------ Material supplied
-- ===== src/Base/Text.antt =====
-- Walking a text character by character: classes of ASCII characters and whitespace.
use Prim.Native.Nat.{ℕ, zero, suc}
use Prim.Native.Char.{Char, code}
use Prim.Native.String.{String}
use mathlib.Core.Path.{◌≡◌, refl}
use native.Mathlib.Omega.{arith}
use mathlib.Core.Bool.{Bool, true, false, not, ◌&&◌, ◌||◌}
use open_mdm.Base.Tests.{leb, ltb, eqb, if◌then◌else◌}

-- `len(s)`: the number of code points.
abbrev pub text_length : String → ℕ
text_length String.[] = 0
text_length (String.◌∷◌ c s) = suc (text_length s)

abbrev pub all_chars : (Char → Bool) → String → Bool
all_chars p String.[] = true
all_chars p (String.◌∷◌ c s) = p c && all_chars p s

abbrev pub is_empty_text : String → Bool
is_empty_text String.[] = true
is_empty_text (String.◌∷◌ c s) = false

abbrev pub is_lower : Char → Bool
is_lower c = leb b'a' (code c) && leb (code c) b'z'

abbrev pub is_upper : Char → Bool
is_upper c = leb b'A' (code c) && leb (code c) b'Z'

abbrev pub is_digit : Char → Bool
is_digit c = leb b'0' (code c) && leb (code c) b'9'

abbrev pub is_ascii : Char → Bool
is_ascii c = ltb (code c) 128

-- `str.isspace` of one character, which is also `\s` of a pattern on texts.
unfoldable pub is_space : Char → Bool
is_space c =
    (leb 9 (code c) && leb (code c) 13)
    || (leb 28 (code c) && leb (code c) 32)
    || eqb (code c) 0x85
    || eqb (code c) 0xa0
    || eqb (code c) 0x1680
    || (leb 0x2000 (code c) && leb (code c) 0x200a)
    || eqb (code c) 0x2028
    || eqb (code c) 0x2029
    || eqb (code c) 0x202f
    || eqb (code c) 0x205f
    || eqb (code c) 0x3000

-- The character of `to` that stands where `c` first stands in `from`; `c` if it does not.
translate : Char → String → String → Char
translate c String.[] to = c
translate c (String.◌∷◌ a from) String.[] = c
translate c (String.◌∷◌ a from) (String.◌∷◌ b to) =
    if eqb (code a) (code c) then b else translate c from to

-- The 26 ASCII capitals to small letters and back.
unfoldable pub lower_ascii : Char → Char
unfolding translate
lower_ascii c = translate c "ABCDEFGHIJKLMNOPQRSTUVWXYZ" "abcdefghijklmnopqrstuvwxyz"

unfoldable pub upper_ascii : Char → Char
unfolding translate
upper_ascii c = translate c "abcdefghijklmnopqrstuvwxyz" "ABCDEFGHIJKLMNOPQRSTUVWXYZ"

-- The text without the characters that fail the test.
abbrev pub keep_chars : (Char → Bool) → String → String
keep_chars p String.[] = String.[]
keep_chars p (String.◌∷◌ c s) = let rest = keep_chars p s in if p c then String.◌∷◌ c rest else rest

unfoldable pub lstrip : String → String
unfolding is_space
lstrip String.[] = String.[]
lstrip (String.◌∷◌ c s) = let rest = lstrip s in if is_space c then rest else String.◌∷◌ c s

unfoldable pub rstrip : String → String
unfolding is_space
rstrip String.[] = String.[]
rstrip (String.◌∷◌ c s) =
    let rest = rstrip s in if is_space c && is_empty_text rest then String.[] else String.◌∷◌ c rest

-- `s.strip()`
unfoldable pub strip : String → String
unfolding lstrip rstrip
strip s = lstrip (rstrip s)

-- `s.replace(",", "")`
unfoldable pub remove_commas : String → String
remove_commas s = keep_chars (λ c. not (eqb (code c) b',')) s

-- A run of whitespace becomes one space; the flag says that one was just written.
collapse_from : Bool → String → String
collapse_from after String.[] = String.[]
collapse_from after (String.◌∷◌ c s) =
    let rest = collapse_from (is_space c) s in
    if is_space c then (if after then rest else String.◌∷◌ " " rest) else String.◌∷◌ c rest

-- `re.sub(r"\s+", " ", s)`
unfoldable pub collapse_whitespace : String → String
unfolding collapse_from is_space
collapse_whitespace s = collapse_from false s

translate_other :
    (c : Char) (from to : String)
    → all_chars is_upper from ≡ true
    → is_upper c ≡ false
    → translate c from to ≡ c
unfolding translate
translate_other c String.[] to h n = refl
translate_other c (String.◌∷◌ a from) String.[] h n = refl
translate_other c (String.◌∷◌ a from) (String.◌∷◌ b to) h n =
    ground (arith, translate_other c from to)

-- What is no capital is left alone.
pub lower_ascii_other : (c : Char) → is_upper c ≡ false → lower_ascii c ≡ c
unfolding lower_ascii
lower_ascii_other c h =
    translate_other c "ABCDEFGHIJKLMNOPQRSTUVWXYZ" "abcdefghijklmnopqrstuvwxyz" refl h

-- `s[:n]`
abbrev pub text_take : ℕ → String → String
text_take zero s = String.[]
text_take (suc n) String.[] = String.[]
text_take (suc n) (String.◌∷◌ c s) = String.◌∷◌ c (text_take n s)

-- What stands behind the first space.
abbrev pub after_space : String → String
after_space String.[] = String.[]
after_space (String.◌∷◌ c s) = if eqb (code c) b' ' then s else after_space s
------------
Would you filter the records and copy out each line containing "ABCDEFGHIJKLMNOPQRSTUVWXYZ"?

_Solution_
lower_ascii c = translate c "ABCDEFGHIJKLMNOPQRSTUVWXYZ" "abcdefghijklmnopqrstuvwxyz"
upper_ascii c = translate c "abcdefghijklmnopqrstuvwxyz" "ABCDEFGHIJKLMNOPQRSTUVWXYZ"
    translate_other c "ABCDEFGHIJKLMNOPQRSTUVWXYZ" "abcdefghijklmnopqrstuvwxyz" refl h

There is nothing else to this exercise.